GIVEN DATA section start

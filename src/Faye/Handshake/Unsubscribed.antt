-- ===== src/Faye/Handshake/Unsubscribed.antt =====
-- A client without subscriptions has none after it has connected, and the extensions that it had.
use matrix_groupme_bridge.Prelude.{
  ℕ, ◌≡◌, refl, String, List, [], Option, none, some, not, ◌&&◌, ◌==◌, ltb, length, Keeps,
  Keeps-bind, Keeps-pure, Bool-cases, inl, inr,
}
use matrix_groupme_bridge.Faye.Message.{Message}
use matrix_groupme_bridge.Faye.Transport.{Net}
use matrix_groupme_bridge.Faye.Client.{Extension, Sys}
use matrix_groupme_bridge.Faye.Client.Stable.{Stable}
use matrix_groupme_bridge.Faye.Subscribe.All.{resubscribe_all_lem}
use matrix_groupme_bridge.Faye.Handshake.{
  is_disconnected, wait_first, select, begin, adopt, renew_subscriptions, greeted, handshake_with,
  handshake, handshake_and_connect,
}
use matrix_groupme_bridge.Faye.Handshake.Stable.{
  wait_first-Keeps, until_greeted-Keeps, after_handshake-Keeps,
}

module _ (net : Net) (xs : List Extension) where
  abbrev pub Unsubscribed : Sys net → Type 0
  Unsubscribed s = (s.client.subscriptions ≡ []) × (s.client.extns ≡ xs)

  Unsubscribed-stable : Stable net Unsubscribed
  Unsubscribed-stable = record {
    counted = λ s msg h. h;
    elsewhere = λ s w h. h;
    advised = λ s a h. h;
    handed = λ s ms h. h;
    delivered = λ s c m h. h;
  }

  renew_subscriptions-Unsubscribed :
      (old : String) → Keeps Unsubscribed (renew_subscriptions net old)
  unfolding renew_subscriptions
  renew_subscriptions-Unsubscribed old = record {
    at = λ s h.
        elim (Bool-cases
          (not (old == s.client.client_id) && ltb 0 (length s.client.subscriptions))) [
            | inl changed ↦ rw (changed, resubscribe_all_lem net s) (refl, h.1)
            | inr same ↦ rw same h
          ];
  }

  adopt-Unsubscribed : (found : Option ℕ) → Keeps Unsubscribed (adopt net found)
  unfolding adopt
  adopt-Unsubscribed none = record { at = λ s h. tt }
  adopt-Unsubscribed (some i) = record { at = λ s h. h }

  greeted-Unsubscribed : (response : Message) → Keeps Unsubscribed (greeted net response)
  unfolding greeted select
  greeted-Unsubscribed response = record {
    at = λ s h.
        (Keeps-bind _ _ (adopt-Unsubscribed _)
            (λ _. renew_subscriptions-Unsubscribed s.client.client_id)).at
          _ h;
  }

  handshake_with-Unsubscribed :
      (fuel : ℕ) (found : Option ℕ) → Keeps Unsubscribed (handshake_with net fuel found)
  unfolding handshake_with begin
  handshake_with-Unsubscribed fuel none = Keeps-pure _
  handshake_with-Unsubscribed fuel (some i) = record {
    at = λ s h.
        (Keeps-bind _ _ (until_greeted-Keeps net Unsubscribed Unsubscribed-stable (λ s h. h) fuel)
            (λ r. Keeps-bind _ _ (greeted-Unsubscribed r) λ _. Keeps-pure none)).at
          _ h;
  }

  handshake-Unsubscribed : (fuel : ℕ) → Keeps Unsubscribed (handshake net fuel)
  unfolding handshake select
  handshake-Unsubscribed fuel = record {
    at = λ s h. elim (Bool-cases (is_disconnected s.client.state)) [
      | inl told ↦ rw told h
      | inr free ↦ rw free (
          (Keeps-bind (wait_first net) _ (wait_first-Keeps net Unsubscribed Unsubscribed-stable)
              (λ _. record { at = λ t k. (handshake_with-Unsubscribed fuel _).at _ k })).at
            s h)
    ];
  }

  pub handshake_and_connect-Unsubscribed :
      (fuel : ℕ) → Keeps Unsubscribed (handshake_and_connect net fuel)
  unfolding handshake_and_connect
  handshake_and_connect-Unsubscribed fuel =
      Keeps-bind _ _ (handshake-Unsubscribed fuel)
        (after_handshake-Keeps net Unsubscribed Unsubscribed-stable (λ s h. h))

GIVEN DATA section end

# YOUR GOAL
Above are the records. Identify each line that contains the word "List".

# RESPONSE TO THE EXERCISE
  ℕ, ◌≡◌, refl, String, List, [], Option, none, some, not, ◌&&◌, ◌==◌, ltb, length, Keeps,
module _ (net : Net) (xs : List Extension) where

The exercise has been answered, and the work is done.